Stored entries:

┄┄┄┄┄┄

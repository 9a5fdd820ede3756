-- ===== src/Client/Local/Asked.antt =====
-- What a transaction of `compose_transaction_local` in client/dioxclient.py calls, told apart from
-- the code that finds it: the opcode, the contract, the mode and the delegatee.
use dioxide_python.Prelude.{
  ℕ, ◌≡◌, ◌+◌, ◌*◌, ◌/◌, ◌^◌, Bool, true, false, ◌==◌, bit_and, bit_or, Option, none, some, [], ◌∷◌,
}
use dioxide_python.Prelude.Int.{pos}
use dioxide_python.Prelude.Result.{ok}
use dioxide_python.Bytes.{Bytes}
use dioxide_python.Text.{Text, codes}
use dioxide_python.Text.Case.{Unicode}
use dioxide_python.Text.Split.{split}
use dioxide_python.Gcl.Value.{Value, Entries, int, as_int}
use dioxide_python.Address.{DioxAddress, set_delegatee_from_string, dapp}
use dioxide_python.Account.{Suite}
use dioxide_python.Contract.{
  ContractInvokeId, is_core_dapp, get_scope, core_contract_id_from_rvm, scope_address, packed,
}
use dioxide_python.Transaction.{Log2, UnsignedTransaction}
use dioxide_python.Client.{Service}
use dioxide_python.Client.Queries.{to_int}
use dioxide_python.Client.Interface.{Printed, function_of}
use dioxide_python.Client.Local.{Sender, by_address, by_account, LocalOptions}

-- The fields of a transaction that say what it calls, and for whom.
pub record Call : Type 0 where
  pub opcode : ℕ
  pub delegatee : Option Bytes
  pub rvm_contract : Option ContractInvokeId
  pub core_contract : ℕ
  pub build : ℕ
  pub mode : ℕ

abbrev pub call_of : UnsignedTransaction → Call
call_of tx = record {
  opcode = tx.opcode;
  delegatee = tx.delegatee;
  rvm_contract = tx.rvm_contract;
  core_contract = tx.core_contract;
  build = tx.build;
  mode = tx.mode;
}

-- The mode, for whether the core contract's scope is that of addresses.
abbrev pub expected_mode : Bool → Option Bytes → ℕ
expected_mode true none = 11
expected_mode true (some _) = 1
expected_mode false _ = 12

-- The contract that is called, core or of the virtual machine, and the mode.
pub record IsTarget (invoked : ContractInvokeId) (c : Call) : Type 0 where
  pub core_ :
      is_core_dapp invoked.id ≡ true
      → (core_contract_id_from_rvm invoked.id ≡ ok c.core_contract)
        × (c.rvm_contract ≡ none)
        × (c.build ≡ invoked.build)
  pub rvm_ :
      is_core_dapp invoked.id ≡ false
      → (c.core_contract ≡ 0x3F + get_scope invoked.id * 64)
        × (c.rvm_contract ≡ some invoked)
        × (c.build ≡ 0)
  pub mode_ : c.mode ≡ expected_mode (c.core_contract / 64 == scope_address) c.delegatee

-- The identifier that is called, from the two numbers of the contract's description.
pub record IsInvoked (contract_value version_value : ℕ) (invoked : ContractInvokeId) : Type 0 where
  pub sn_ : invoked.id.sn ≡ bit_and (contract_value / 2 ^ 20) 0xFFF
  pub engine_ : invoked.id.engine_id ≡ bit_and (contract_value / 2 ^ 32) 0xF
  pub dapp_ : invoked.id.dapp_id ≡ bit_and (contract_value / 2 ^ 36) 0xFFFFFFF
  pub scope_ : invoked.scope ≡ bit_and (bit_and contract_value 0xFFF00 / 2 ^ 8) 0xFFF
  pub build_ : invoked.build ≡ bit_and version_value 0xFF
  pub value_ :
      invoked.id.value
      ≡ bit_or
          (bit_or
            (packed invoked.id.dapp_id invoked.id.engine_id invoked.id.sn)
            (bit_and invoked.scope 0xFFF * 2 ^ 8))
          (bit_and invoked.build 0xFF)

module _ {ℓ} {W : Type ℓ} (unicode : Unicode) (suite : Suite) (printed : Printed) (log2 : Log2)
    (import_time : ℕ) (service : Service W) where
  -- A number of the contract's description.
  abbrev pub IsId : Text → Entries → ℕ → Type 0
  IsId key info n =
      (v : Value) × (service.attribute key info ≡ ok v) × (to_int unicode v ≡ ok (pos n))

  -- No delegatee, the account's bytes, or the name's bytes and checksum.
  abbrev pub IsDelegatee : Bool → Sender → Option Bytes → Type 0
  IsDelegatee false sender d = d ≡ none
  IsDelegatee true (by_account b) d = d ≡ some b
  IsDelegatee true (by_address s) d =
      (a : DioxAddress) × (set_delegatee_from_string unicode suite.codecs s
          (record { bytes_ = none; type_ = dapp })
        ≡ ok (true, a))
      × (d ≡ a.bytes_)

  -- The call that was asked for: the function and the contract of the description, and the
  -- delegatee.
  pub record IsAsked (sender : Sender) (function : Text) (o : LocalOptions) (c : Call)
      : Type 0 where
    pub dapp_name : Text
    pub contract_name : Text
    pub function_name : Text
    pub parts_ : split b'.' function ≡ dapp_name ∷ contract_name ∷ function_name ∷ []
    pub contract_info : Entries
    pub given_ : (info : Entries) → o.contract_info ≡ some info → contract_info ≡ info
    pub function_info : Entries
    pub found_ : function_of printed service function_name contract_info ≡ ok (some function_info)
    pub value : Value
    pub read_ : service.box_get (codes "Opcode") (int (pos 0)) function_info ≡ ok value
    pub opcode_ : as_int value ≡ some (pos c.opcode)
    pub contract_value : ℕ
    pub version_value : ℕ
    pub contract_ : IsId (codes "ContractID") contract_info contract_value
    pub version_ : IsId (codes "ContractVersionID") contract_info version_value
    pub invoked : ContractInvokeId
    pub invoked_ : IsInvoked contract_value version_value invoked
    pub target_ : IsTarget invoked c
    pub delegatee_ : IsDelegatee o.is_delegatee sender c.delegatee
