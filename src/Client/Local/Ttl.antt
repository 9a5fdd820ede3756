-- ===== src/Client/Local/Ttl.antt =====
-- The time to live of a transaction that `compose_transaction_local` is still setting up.
use dioxide_python.Prelude.{ℕ, ◌≡◌, refl, sym, ap, Option, none, some, [], ◌∷◌}
use dioxide_python.Prelude.Result.{Result, ok, err, overflow_error}
use dioxide_python.Prelude.Result
use dioxide_python.Bytes.{Bytes}
use dioxide_python.Text.{Text}
use dioxide_python.Gcl.Value.{Entries, end, entry}
use dioxide_python.Contract.{ContractInvokeId}
use dioxide_python.Transaction.{
  UnsignedTransaction, unsigned_transaction, set_gas_price, set_gas_limit, target,
}
use dioxide_python.Client.Local.{with_input, set_some, set_ttl, filled_with}

-- The time to live that was asked for, or the default.
abbrev pub ttl_or_default : Option ℕ → ℕ
ttl_or_default none = 120
ttl_or_default (some n) = n

filled_with-ttl :
    (tx filled : UnsignedTransaction) (r : Result Bytes)
    → filled_with tx r ≡ ok filled
    → filled.ttl ≡ tx.ttl
unfolding filled_with
filled_with-ttl tx filled (ok b) h = sym (ap (λ r. ttl_of r) h)
  where
    ttl_of : Result UnsignedTransaction → ℕ
    ttl_of (ok t) = t.ttl
    ttl_of (err _) = 0
filled_with-ttl tx filled (err e) h = cc

-- The input leaves the time to live as it is.
pub with_input-ttl :
    (signature : Text) (args : Entries) (tx filled : UnsignedTransaction)
    → with_input signature args tx ≡ ok filled
    → filled.ttl ≡ tx.ttl
unfolding with_input
with_input-ttl signature end tx filled h = sym (ap (λ r. ttl_of r) h)
  where
    ttl_of : Result UnsignedTransaction → ℕ
    ttl_of (ok t) = t.ttl
    ttl_of (err _) = 0
with_input-ttl [] (entry k v es) tx filled h = sym (ap (λ r. ttl_of r) h)
  where
    ttl_of : Result UnsignedTransaction → ℕ
    ttl_of (ok t) = t.ttl
    ttl_of (err _) = 0
with_input-ttl (c ∷ t) (entry k v es) tx filled h = filled_with-ttl tx filled _ h

pub unsigned-ttl :
    (cid : ContractInvokeId) (opcode version timestamp : ℕ) (delegatee : Option Bytes)
    (tx : UnsignedTransaction)
    → unsigned_transaction cid opcode version timestamp delegatee ≡ ok tx
    → tx.ttl ≡ 120
unfolding unsigned_transaction
unsigned-ttl cid opcode version timestamp delegatee tx h =
    let (parts, _, h') = Result.>>=-eq-ok (target cid) _ h in sym (ap (λ r. ttl_of r) h')
  where
    ttl_of : Result UnsignedTransaction → ℕ
    ttl_of (ok t) = t.ttl
    ttl_of (err _) = 120

pub set_some-ttl :
    (ttl gas_limit gas_price : Option ℕ) (tx : UnsignedTransaction)
    → tx.ttl ≡ 120
    → (set_some set_ttl ttl
        (set_some set_gas_limit gas_limit (set_some set_gas_price gas_price tx))).ttl
      ≡ ttl_or_default ttl
unfolding set_gas_limit set_gas_price
set_some-ttl (some n) l p tx h = refl
set_some-ttl none none none tx h = h
set_some-ttl none (some l) none tx h = h
set_some-ttl none none (some p) tx h = h
set_some-ttl none (some l) (some p) tx h = h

┄┄┄┄┄┄

→ Work request
Only the lines above from the line with "(c.build ≡ invoked.build)" to the line with "-- No delegatee, the", those two lines included, should be reproduced exactly.

→ Solution for this problem
        × (c.build ≡ invoked.build)
  pub rvm_ :
      is_core_dapp invoked.id ≡ false
      → (c.core_contract ≡ 0x3F + get_scope invoked.id * 64)
        × (c.rvm_contract ≡ some invoked)
        × (c.build ≡ 0)
  pub mode_ : c.mode ≡ expected_mode (c.core_contract / 64 == scope_address) c.delegatee

-- The identifier that is called, from the two numbers of the contract's description.
pub record IsInvoked (contract_value version_value : ℕ) (invoked : ContractInvokeId) : Type 0 where
  pub sn_ : invoked.id.sn ≡ bit_and (contract_value / 2 ^ 20) 0xFFF
  pub engine_ : invoked.id.engine_id ≡ bit_and (contract_value / 2 ^ 32) 0xF
  pub dapp_ : invoked.id.dapp_id ≡ bit_and (contract_value / 2 ^ 36) 0xFFFFFFF
  pub scope_ : invoked.scope ≡ bit_and (bit_and contract_value 0xFFF00 / 2 ^ 8) 0xFFF
  pub build_ : invoked.build ≡ bit_and version_value 0xFF
  pub value_ :
      invoked.id.value
      ≡ bit_or
          (bit_or
            (packed invoked.id.dapp_id invoked.id.engine_id invoked.id.sn)
            (bit_and invoked.scope 0xFFF * 2 ^ 8))
          (bit_and invoked.build 0xFF)

module _ {ℓ} {W : Type ℓ} (unicode : Unicode) (suite : Suite) (printed : Printed) (log2 : Log2)
    (import_time : ℕ) (service : Service W) where
  -- A number of the contract's description.
  abbrev pub IsId : Text → Entries → ℕ → Type 0
  IsId key info n =
      (v : Value) × (service.attribute key info ≡ ok v) × (to_int unicode v ≡ ok (pos n))

  -- No delegatee, the account's bytes, or the name's bytes and checksum.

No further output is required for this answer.